31

El presidente del CBS tenía el mismo aspecto que unos meses antes, cuando ambos sostuvieron su primera y única entrevista, en su casa, de final poco feliz. O bien las circunstancias habían cambiado, o bien el banquero no recordaba, o decidió no acordarse, de este hecho.
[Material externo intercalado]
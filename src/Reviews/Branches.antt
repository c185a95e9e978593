-- ===== src/Reviews/Branches.antt =====
-- services/reviews.py: each branch on the action leaves sound tables, and an incident with its current
-- episode to work on.
use fireviewer_backend.Doubles.{Doubles, Settings}
use fireviewer_backend.Enums.{
  IncidentStatus, active_confirmed, candidate, closed, extinguished, monitoring, under_review,
}
use fireviewer_backend.Incident.Create.{Keys}
use fireviewer_backend.Incident.Lifecycle.{put_episode, put_incident}
use fireviewer_backend.Incident.Rows.{Episode, IncidentSeries, Observation, Registry}
use fireviewer_backend.Incident.Sound.{IsSound, Sound}
use fireviewer_backend.Incident.Sound.Ready.{FreshKeys, TargetIn, created_ready, reactivated_ready}
use fireviewer_backend.Incident.Sound.Targets.{IsTarget}
use fireviewer_backend.Incident.Sound.Written.{IsIncidentRow, IsRow, written-keys}
use fireviewer_backend.Incident.Transition.Coherence.{IsCanonical, IsCoherent}
use fireviewer_backend.Prelude.{
  ==_refl, All, All-imp, All-imp2, All-update_to, Bool-cases, List, [], any, ap, arith, if_cases,
  inl, inr, ltb, refl, subst, sym, true, update, ◌+◌, ◌==◌, ◌∷◌, ◌≡◌,
}
use fireviewer_backend.Reviews.Actions.{
  Decided, advance, attach_to_current, create_from_observation, incident_of, reactivate,
}
use fireviewer_backend.Reviews.Request.{ReviewResolutionRequest}
use fireviewer_backend.Session.{ok, ok_value}

-- A row that was written is the only one with its key.
put_episode-IsRow : (e : Episode) (xs : List Episode) → All (IsRow e) (put_episode e xs)
unfolding update
put_episode-IsRow e [] = tt
put_episode-IsRow e (x ∷ xs) = (
  if_cases (IsRow e) (x.id == e.id) (λ _ _. refl) (λ other same. cc (other, same)),
  put_episode-IsRow e xs,
)

put_episode_here :
    (e : Episode) (xs : List Episode)
    → any (λ x. x.id == e.id) xs ≡ true
    → any (λ x. x.id == e.id) (put_episode e xs) ≡ true
unfolding update any
put_episode_here e [] h = h
put_episode_here e (x ∷ xs) h = elim (Bool-cases (x.id == e.id)) [
  | inl same ↦ rw same (ground (arith, ==_refl e.id))
  | inr other ↦ rw (other, other) (put_episode_here e xs (rw other at h))
]

put_incident_same :
    (i : IncidentSeries) (xs : List IncidentSeries)
    → All (IsIncidentRow i) xs
    → put_incident i xs ≡ xs
unfolding update
put_incident_same i [] h = refl
put_incident_same i (x ∷ xs) h = elim (Bool-cases (x.id == i.id)) [
  | inl same ↦ rw same (λ k. sym (h.0 same) k ∷ put_incident_same i xs h.1 k)
  | inr other ↦ rw other (ap (λ ys. x ∷ ys) (put_incident_same i xs h.1))
]

abbrev pub IsReady : Decided → Type 0
IsReady d = Sound d.registry × TargetIn d.target d.registry

module _ (F : Doubles) (settings : Settings) (keys : Keys) (p : ReviewResolutionRequest)
    (o : Observation) (s : Registry) (fresh : FreshKeys keys s) (sound : Sound s) where
  pub create-IsReady : IsReady (create_from_observation F settings keys p o s)
  unfolding create_from_observation
  create-IsReady = created_ready F keys (incident_of F settings keys p o) s fresh sound

  module _ (incident : IncidentSeries) (current : Episode)
      (t : IsTarget s.incidents s.episodes incident current) where
    reactivate-IsReady : IsReady (reactivate F settings keys p incident current o s)
    reactivate-IsReady =
        reactivated_ready keys incident current o.observed_at settings.matching_policy_id s fresh
          sound t

    -- Advancing the timeline changes neither the state nor the place of the episode.
    advance-IsReady : IsReady (advance F settings keys p incident current o s)
    advance-IsReady =
        let e' : Episode = record current {
          last_observed_at = o.observed_at;
          version = current.version + 1;
        } in
        let coherent : IsCoherent s.incidents (put_episode e' s.episodes) =
          All-imp s.incidents
            (λ j c.
              All-update_to (λ x. IsRow current x × IsCanonical j x) (IsCanonical j)
                (λ x. x.id == current.id) (λ _. e') s.episodes
                (λ x h.
                  if_cases (IsCanonical j) (x.id == current.id)
                    (λ same. subst (IsCanonical j) (h.0 same) h.1) (λ _. h.1))
                (All-imp2 s.episodes (λ x a b. (a, b)) t.episode_row c))
            sound.coherent in
        let same = put_incident_same incident s.incidents t.incident_row in
        let after : IsSound s.incidents (put_episode e' s.episodes) s.counters =
          subst (λ is. IsSound is (put_episode e' s.episodes) s.counters) same
            (written-keys incident incident current e' refl refl refl refl refl (λ c. c) s.incidents
              s.episodes s.counters t.incident_row t.episode_row
              (subst (λ is. IsCoherent is (put_episode e' s.episodes)) (sym same) coherent)
              sound) in
        if_cases IsReady (ltb current.last_observed_at o.observed_at)
          (λ _. (
            after,
            record {
              incident_row = t.incident_row;
              episode_row = put_episode-IsRow e' s.episodes;
              episode_here = put_episode_here e' s.episodes t.episode_here;
              owner = t.owner;
              current = t.current;
            },
          ))
          (λ _. (sound, t))

  pub attach-IsReady :
      (status : IncidentStatus) (incident : IncidentSeries) (current : Episode)
      → IsTarget s.incidents s.episodes incident current
      → {d : Decided} → attach_to_current F settings keys p status incident current o s ≡ ok d
      → IsReady d
  unfolding attach_to_current
  attach-IsReady IncidentStatus.suspended incident current t h = cc
  attach-IsReady IncidentStatus.rejected incident current t h = cc
  attach-IsReady extinguished incident current t h =
      subst IsReady (ok_value h) (reactivate-IsReady incident current t)
  attach-IsReady closed incident current t h =
      subst IsReady (ok_value h) (reactivate-IsReady incident current t)
  attach-IsReady candidate incident current t h =
      subst IsReady (ok_value h) (advance-IsReady incident current t)
  attach-IsReady under_review incident current t h =
      subst IsReady (ok_value h) (advance-IsReady incident current t)
  attach-IsReady active_confirmed incident current t h =
      subst IsReady (ok_value h) (advance-IsReady incident current t)
  attach-IsReady monitoring incident current t h =
      subst IsReady (ok_value h) (advance-IsReady incident current t)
Al entrar él en la sala privada del Palacio de Justicia, donde le esperaba Janos Pauli incluso se puso en pie, sonriendo con seguridad, no con alegría, al tiempo que extendía su mano derecha para saludarle.

—Doctor Galí, me satisface mucho que haya decidido aceptar mi invitación.

Su mano seguía estando muy fría.

—Esperaba algo —confesó el médico—, aunque no esto. ¿Cómo podía resistirme?

Pauli volvió a sentarse.

—Es inteligente —ponderó—, y ha demostrado serlo mucho más a medida que este maldito embrollo se ha complicado. ¿No quiere sentarse?

—¿Tan larga será su proposición?

Janos Pauli no se inmutó. Sólo sus ojos chisporrotearon en mitad del breve sesgo formado por los horizontales párpados.

—Tenemos mucho tiempo hasta las cuatro de la tarde —reflexionó—. Siéntese.

Juan Carlos Galí aceptó su invitación. No era una sala especial, ni distinta de las demás. Tenía una mesa cuadrada, de cristal endurecido, y media docena de módulos para sentarse con comodidad. Las paredes ofrecían su muda desnudez, ligeramente patética pese a la iluminación. La única puerta, de primitiva madera, les garantizaba intimidad y soledad, aislamiento y reserva. Nadie iba a interrumpirles.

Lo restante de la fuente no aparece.